Perhaps the most striking duality captured on Poor Girls / Broken Boys is one of pop’s oldest tricks: vibrant, upbeat music set against pitch-black lyrical themes. On ‘Flakey’ the protagonist is frantic with existential dread: “Your greatest fear is if you die alone… I wanna turn off this switch.” ‘Holy Ghost’ is equally fraught: “I’ll close the blinds, I’m doing fine.” All driven by a relentless rhythm section, stabbing guitars and the charismatic vocal interplay between Gianluca Bernacchi and Marie Collins, it’s a masterful example of the band’s ability to deliver a profound message through a brightly-hued veneer of dance-pop.

If one idea guides the whole record, though, it’s arguably from most recent single ‘The Hit’: the concept of “learning to exist” in a society that still doesn’t treat everyone equally. “I started to write the song from the point of view of myself as a woman of feeling passive and commodified, and only there for other people’s pleasure,” Marie says of the track. “I then started to think about how this is also true for artists. Art/music that has real integrity or intrinsic value is often turned into something commercial through the pressure of capitalism. Although there can be no comparison between an artist's plight to the daily oppression, violence and discrimination of women, I thought it was an interesting way to explore commodification.”

A newly recorded version of fan favourite ‘Days Go By’ compounds the idea of being worn down over time, a life splayed between boring jobs, prescriptive home lives, and various attempts at sedation on evenings and weekends. Marie sees it as a thematic companion piece to closer ‘Zeitgeist’, which talks of having “your little red door and a house full of kids,” or the idea that " as the singer puts it " “your life is just set out in front of you from birth.” Both tracks, while still fired up on laser-shot disco guitars, admit that modern life can sometimes feel like a Groundhog Day that never allows the neat resolution of a new morning.

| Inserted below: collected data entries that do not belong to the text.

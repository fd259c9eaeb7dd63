-- ===== src/Asl/Head.antt =====
-- `headBlocked`: the first pcb that waits on a semaphore.
use os_fall_2021_project.Prelude.{ℕ, ◌≡◌, refl, true, List, ◌∷◌, ◌++◌, arith, ◌==◌}
use os_fall_2021_project.Machine.Outcome.{ok}
use os_fall_2021_project.Pcb.{empty_proc_q}
use os_fall_2021_project.Pcb.Ring.{IsQueue-ne_null}
use os_fall_2021_project.Pcb.Queue.{head_proc_q-first}
use os_fall_2021_project.Asl.{Asl, load, head_blocked}
use os_fall_2021_project.Asl.Entries.{Entry, IsAsl}
use os_fall_2021_project.Asl.Traverse.{is_semd_of}
use os_fall_2021_project.Asl.Around.{entry}
use os_fall_2021_project.Asl.Insert.{IsAsl-Around, walk_lem, spot_ok, semd_ok}

-- It is given, and nothing changes.
pub head_blocked-first :
    {s : Asl} (xs : List Entry) (d k p : ℕ) (q : List ℕ) (ys : List Entry) {fs : List ℕ}
    → IsAsl s (xs ++ entry d k (p ∷ q) ∷ ys) fs
    → head_blocked k s ≡ ok p s
unfolding head_blocked load empty_proc_q
head_blocked-first {s} xs d k p q ys inv =
    let around = IsAsl-Around xs d k (p ∷ q) ys inv in
    let temp_ok = spot_ok xs d k (p ∷ q) ys inv in
    let d_ok = is_semd_of d (semd_ok xs d k (p ∷ q) ys inv) in
    let walk = walk_lem xs d k (p ∷ q) ys inv in
    let link = around.link in
    let key = around.key in
    let same : (k == k) ≡ true = ground arith in
    let some_wait = IsQueue-ne_null p q around.queued in
    let run = head_proc_q-first p q around.queued in
    simp (walk, temp_ok, link, d_ok, key, same, some_wait, run) refl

But it’s not all despair. Throughout the dark days and nights, the panic of going out and the anxiety of staying in, the imperative is that we carry on singing, dancing, loving, kicking against the hate. That, in spite of the pricks and the parasites, we exist. “The song is trying to turn that on its head by saying don’t let that bring you down and don’t ever quit. Life is a big crescendo and you swirl around in it trying to make sense of it all. The very last lines are ‘still you never quit’. You got this.”